■ **Task objective**
The records follow. Print, word for word, the first line through the "fields slices (decoder" line.

■ **Listed entries**
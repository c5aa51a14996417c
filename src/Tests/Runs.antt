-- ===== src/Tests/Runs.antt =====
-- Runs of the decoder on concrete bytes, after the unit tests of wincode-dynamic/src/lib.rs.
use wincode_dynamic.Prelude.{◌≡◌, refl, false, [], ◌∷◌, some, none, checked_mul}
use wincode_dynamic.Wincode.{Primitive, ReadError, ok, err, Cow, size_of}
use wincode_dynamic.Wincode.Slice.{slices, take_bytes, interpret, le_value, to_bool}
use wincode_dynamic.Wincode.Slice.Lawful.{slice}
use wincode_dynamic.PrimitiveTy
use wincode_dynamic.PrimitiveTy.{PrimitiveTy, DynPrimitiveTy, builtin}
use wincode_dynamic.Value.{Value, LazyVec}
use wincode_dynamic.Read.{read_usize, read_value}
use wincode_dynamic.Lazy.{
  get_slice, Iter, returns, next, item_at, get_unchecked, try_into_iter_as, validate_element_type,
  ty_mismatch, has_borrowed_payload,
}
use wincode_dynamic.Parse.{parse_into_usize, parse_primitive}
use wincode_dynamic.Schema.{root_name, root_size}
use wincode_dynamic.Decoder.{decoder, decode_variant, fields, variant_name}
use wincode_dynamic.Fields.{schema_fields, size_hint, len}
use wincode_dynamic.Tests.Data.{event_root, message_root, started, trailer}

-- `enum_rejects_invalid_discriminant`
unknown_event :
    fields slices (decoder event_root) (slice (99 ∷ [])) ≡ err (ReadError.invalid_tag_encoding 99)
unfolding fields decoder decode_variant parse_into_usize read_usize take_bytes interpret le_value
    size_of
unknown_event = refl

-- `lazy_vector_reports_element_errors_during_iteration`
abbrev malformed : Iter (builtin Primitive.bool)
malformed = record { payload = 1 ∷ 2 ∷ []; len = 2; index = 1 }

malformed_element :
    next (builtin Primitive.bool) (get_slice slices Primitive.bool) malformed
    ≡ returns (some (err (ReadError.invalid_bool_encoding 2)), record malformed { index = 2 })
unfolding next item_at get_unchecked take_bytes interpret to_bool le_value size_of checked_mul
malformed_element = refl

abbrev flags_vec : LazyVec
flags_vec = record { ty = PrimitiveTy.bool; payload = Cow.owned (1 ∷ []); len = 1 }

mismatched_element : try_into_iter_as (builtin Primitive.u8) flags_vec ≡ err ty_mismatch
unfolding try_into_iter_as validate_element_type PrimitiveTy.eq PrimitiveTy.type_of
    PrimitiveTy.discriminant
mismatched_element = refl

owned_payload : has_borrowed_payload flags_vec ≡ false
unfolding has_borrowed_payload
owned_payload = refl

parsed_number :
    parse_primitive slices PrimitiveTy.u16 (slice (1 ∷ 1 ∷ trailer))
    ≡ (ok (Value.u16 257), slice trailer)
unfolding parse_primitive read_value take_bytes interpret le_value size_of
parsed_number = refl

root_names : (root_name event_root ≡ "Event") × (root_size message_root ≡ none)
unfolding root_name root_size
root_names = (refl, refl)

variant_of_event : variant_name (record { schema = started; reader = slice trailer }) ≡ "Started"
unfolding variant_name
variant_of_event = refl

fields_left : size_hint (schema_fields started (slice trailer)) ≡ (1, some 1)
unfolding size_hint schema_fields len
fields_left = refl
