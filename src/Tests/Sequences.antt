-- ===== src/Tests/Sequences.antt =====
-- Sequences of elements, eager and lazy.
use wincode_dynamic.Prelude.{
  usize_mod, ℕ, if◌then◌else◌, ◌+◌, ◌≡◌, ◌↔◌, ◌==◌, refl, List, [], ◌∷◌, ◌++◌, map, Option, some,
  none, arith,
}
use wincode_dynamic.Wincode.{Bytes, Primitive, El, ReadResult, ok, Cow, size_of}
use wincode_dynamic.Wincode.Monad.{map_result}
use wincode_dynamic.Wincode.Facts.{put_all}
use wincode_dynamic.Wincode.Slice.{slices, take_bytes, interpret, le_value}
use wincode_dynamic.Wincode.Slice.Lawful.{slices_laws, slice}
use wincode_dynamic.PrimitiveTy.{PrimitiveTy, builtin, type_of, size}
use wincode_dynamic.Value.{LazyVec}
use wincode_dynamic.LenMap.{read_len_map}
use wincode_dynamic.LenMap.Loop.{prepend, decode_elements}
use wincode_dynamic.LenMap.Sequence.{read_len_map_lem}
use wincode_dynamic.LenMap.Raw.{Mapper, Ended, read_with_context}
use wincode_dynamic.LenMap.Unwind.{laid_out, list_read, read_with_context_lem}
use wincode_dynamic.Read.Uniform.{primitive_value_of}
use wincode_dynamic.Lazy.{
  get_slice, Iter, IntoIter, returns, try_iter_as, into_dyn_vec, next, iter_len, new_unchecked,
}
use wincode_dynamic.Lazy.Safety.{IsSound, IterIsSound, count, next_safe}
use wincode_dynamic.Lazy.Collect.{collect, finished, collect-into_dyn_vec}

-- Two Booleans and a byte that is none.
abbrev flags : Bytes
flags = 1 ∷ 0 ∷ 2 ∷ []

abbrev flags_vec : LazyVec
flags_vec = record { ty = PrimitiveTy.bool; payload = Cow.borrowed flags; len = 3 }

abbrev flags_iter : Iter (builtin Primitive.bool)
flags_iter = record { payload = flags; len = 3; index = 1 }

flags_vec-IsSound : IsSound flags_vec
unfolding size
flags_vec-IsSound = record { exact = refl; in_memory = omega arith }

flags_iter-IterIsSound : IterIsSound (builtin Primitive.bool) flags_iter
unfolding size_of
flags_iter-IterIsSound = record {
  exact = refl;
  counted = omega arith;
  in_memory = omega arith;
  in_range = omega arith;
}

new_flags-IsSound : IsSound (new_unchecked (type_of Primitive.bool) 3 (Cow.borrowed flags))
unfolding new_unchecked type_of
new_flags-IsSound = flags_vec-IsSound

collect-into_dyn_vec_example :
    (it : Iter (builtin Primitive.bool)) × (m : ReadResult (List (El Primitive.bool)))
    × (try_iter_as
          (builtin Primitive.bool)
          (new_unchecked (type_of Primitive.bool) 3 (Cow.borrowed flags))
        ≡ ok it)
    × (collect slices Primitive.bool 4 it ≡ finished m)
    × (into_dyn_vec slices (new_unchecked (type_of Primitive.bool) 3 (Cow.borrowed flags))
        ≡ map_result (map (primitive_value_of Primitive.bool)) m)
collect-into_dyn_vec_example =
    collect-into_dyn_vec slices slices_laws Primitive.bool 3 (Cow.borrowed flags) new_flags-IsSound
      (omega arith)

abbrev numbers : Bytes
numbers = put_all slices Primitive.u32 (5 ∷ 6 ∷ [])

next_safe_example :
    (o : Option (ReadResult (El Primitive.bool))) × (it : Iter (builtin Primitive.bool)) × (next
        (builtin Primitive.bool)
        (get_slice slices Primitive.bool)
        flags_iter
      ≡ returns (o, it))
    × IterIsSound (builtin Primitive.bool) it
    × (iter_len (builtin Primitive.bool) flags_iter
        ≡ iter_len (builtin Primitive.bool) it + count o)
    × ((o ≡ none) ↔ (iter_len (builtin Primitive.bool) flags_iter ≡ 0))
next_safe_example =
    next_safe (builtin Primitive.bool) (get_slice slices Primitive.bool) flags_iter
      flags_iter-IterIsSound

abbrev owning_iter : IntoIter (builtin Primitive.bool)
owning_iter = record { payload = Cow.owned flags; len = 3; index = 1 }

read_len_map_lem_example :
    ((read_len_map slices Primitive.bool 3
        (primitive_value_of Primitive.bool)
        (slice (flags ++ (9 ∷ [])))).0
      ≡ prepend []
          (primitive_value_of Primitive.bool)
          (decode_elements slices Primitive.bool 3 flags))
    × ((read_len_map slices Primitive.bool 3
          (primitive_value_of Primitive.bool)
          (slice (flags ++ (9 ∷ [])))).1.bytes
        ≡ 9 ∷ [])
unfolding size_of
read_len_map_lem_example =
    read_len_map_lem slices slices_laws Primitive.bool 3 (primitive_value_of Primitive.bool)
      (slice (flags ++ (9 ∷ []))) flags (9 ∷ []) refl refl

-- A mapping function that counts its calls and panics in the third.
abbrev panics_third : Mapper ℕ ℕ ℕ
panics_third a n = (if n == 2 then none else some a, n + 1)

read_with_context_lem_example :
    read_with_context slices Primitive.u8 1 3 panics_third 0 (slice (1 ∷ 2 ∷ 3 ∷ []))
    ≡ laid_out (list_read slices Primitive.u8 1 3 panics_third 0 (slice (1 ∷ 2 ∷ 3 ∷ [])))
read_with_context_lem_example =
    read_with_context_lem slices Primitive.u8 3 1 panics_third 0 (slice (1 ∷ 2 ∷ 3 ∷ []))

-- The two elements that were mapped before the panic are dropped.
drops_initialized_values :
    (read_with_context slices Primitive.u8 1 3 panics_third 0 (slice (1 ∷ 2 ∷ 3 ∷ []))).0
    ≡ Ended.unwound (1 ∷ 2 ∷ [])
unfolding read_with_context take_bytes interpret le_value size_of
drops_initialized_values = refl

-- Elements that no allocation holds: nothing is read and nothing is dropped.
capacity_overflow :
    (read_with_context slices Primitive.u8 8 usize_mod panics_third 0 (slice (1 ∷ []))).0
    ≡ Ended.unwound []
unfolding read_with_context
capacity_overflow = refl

■ **Response for this exercise**
repository c5aa51a14996417c
filename src/Tests/Runs.antt
-- ===== src/Tests/Runs.antt =====
-- Runs of the decoder on concrete bytes, after the unit tests of wincode-dynamic/src/lib.rs.
use wincode_dynamic.Prelude.{◌≡◌, refl, false, [], ◌∷◌, some, none, checked_mul}
use wincode_dynamic.Wincode.{Primitive, ReadError, ok, err, Cow, size_of}
use wincode_dynamic.Wincode.Slice.{slices, take_bytes, interpret, le_value, to_bool}
use wincode_dynamic.Wincode.Slice.Lawful.{slice}
use wincode_dynamic.PrimitiveTy
use wincode_dynamic.PrimitiveTy.{PrimitiveTy, DynPrimitiveTy, builtin}
use wincode_dynamic.Value.{Value, LazyVec}
use wincode_dynamic.Read.{read_usize, read_value}
use wincode_dynamic.Lazy.{
  get_slice, Iter, returns, next, item_at, get_unchecked, try_into_iter_as, validate_element_type,
  ty_mismatch, has_borrowed_payload,
}
use wincode_dynamic.Parse.{parse_into_usize, parse_primitive}
use wincode_dynamic.Schema.{root_name, root_size}
use wincode_dynamic.Decoder.{decoder, decode_variant, fields, variant_name}
use wincode_dynamic.Fields.{schema_fields, size_hint, len}
use wincode_dynamic.Tests.Data.{event_root, message_root, started, trailer}

-- `enum_rejects_invalid_discriminant`
unknown_event :
    fields slices (decoder event_root) (slice (99 ∷ [])) ≡ err (ReadError.invalid_tag_encoding 99)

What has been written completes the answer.